__Activity__
The entries below contain a line with "shuffled = reverse three_services.entries" and a line with "unfolding begin_teardown tear_down". Quote exactly those two lines and all lines between them.

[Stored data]
+ + + + +

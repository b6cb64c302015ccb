-- ===== src/Samples/Contexts.antt =====
-- The service context on concrete registrations.
use mathlib.Core.List.{Permᴰ}
use framekit.Base.{
  ℕ, ◌≢◌, ◌≡◌, refl, true, false, not, ◌&&◌, ◌||◌, is_some, List, [], ◌∷◌, map, reverse, some,
  arith, if◌then◌else◌, ◌==◌,
}
use framekit.Base.Assoc.{lookup, insert}
use framekit.Services.{
  ServiceContext, ServiceKey, ServiceEntry, service_key_eq, teardown, context_owned, external_owned,
  is_open, new_context, register, store, find, begin_teardown, tear_down, owned_entries,
  external_entries, sort_later_first, insert_later_first,
}
use framekit.Base.Falling.{Ascending}
use framekit.Services.Registered.{numbers, Reach, new, next, registered}
use framekit.Services.Lookup.{shown, find-register}
use framekit.Services.Teardown.{ByOwnership, noted, teardown_order}

abbrev clock : ServiceKey
clock = record { contract_type = 1; key = "" }

abbrev log : ServiceKey
log = record { contract_type = 2; key = "main" }

abbrev two_services : ServiceContext ℕ
two_services =
    (register (register new_context (some 10) clock context_owned false).0 (some 20) log
      context_owned false).0

two_services_reached : Reach two_services
unfolding new_context register store lookup
two_services_reached =
    next (next new (registered (some 10) clock context_owned false (omega arith)))
      (registered (some 20) log context_owned false (omega arith))

-- An external service between them in the map, which is visited backwards.
abbrev gui : ServiceKey
gui = record { contract_type = 3; key = "" }

abbrev three_services : ServiceContext ℕ
three_services = (register two_services (some 30) gui external_owned false).0

three_services_reached : Reach three_services
unfolding new_context register store lookup insert
three_services_reached =
    next two_services_reached (registered (some 30) gui external_owned false (omega arith))

abbrev shuffled : List (ServiceKey × ServiceEntry ℕ)
shuffled = reverse three_services.entries

three_services_teardown :
    let d = (begin_teardown three_services shuffled).0 in
    (map (λ r. r.contract_type) d.last_teardown_order ≡ 2 ∷ 1 ∷ [])
    × (map (λ p. p.0) d.entries ≡ gui ∷ [])
unfolding begin_teardown tear_down owned_entries external_entries sort_later_first
    insert_later_first register store new_context lookup insert
three_services_teardown = (refl, refl)

three_services_shuffled : Permᴰ three_services.entries shuffled
unfolding register store new_context lookup insert
three_services_shuffled =
    Permᴰ.trans (Permᴰ.swap refl refl)
      (Permᴰ.trans (Permᴰ.cons refl (Permᴰ.swap refl refl)) (Permᴰ.swap refl refl))

three_services_live : three_services.phase ≢ teardown
unfolding register store new_context lookup insert
three_services_live e = cc

teardown_order_example :
    let (d, done) = begin_teardown three_services shuffled in
    (owned : List (ServiceKey × ServiceEntry ℕ)) × (external : List (ServiceKey × ServiceEntry ℕ))
    × (visited : List (ServiceKey × ServiceEntry ℕ)) × ByOwnership three_services.entries owned
        external
    × Ascending (numbers owned)
    × (d.last_teardown_order ≡ reverse (map noted owned))
    × ByOwnership shuffled visited d.entries
    × (d.phase ≡ teardown)
    × (done ≡ true)
teardown_order_example =
    teardown_order three_services shuffled three_services_reached three_services_live
      three_services_shuffled

find-register_example :
    let (d, done) = register two_services (some 30) log external_owned true in
    (done
      ≡ (is_open two_services.phase && (not (is_some (lookup log two_services.entries)) || true)))
    × (find (λ s. true) d log ≡ (
        if done && log == log
        then shown (λ s. true) 30 external_owned
        else find (λ s. true) two_services log))
find-register_example = find-register (λ s. true) two_services 30 log external_owned true log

+ + + + +

__Solution for this task__
shuffled = reverse three_services.entries

three_services_teardown :
    let d = (begin_teardown three_services shuffled).0 in
    (map (λ r. r.contract_type) d.last_teardown_order ≡ 2 ∷ 1 ∷ [])
    × (map (λ p. p.0) d.entries ≡ gui ∷ [])
unfolding begin_teardown tear_down owned_entries external_entries sort_later_first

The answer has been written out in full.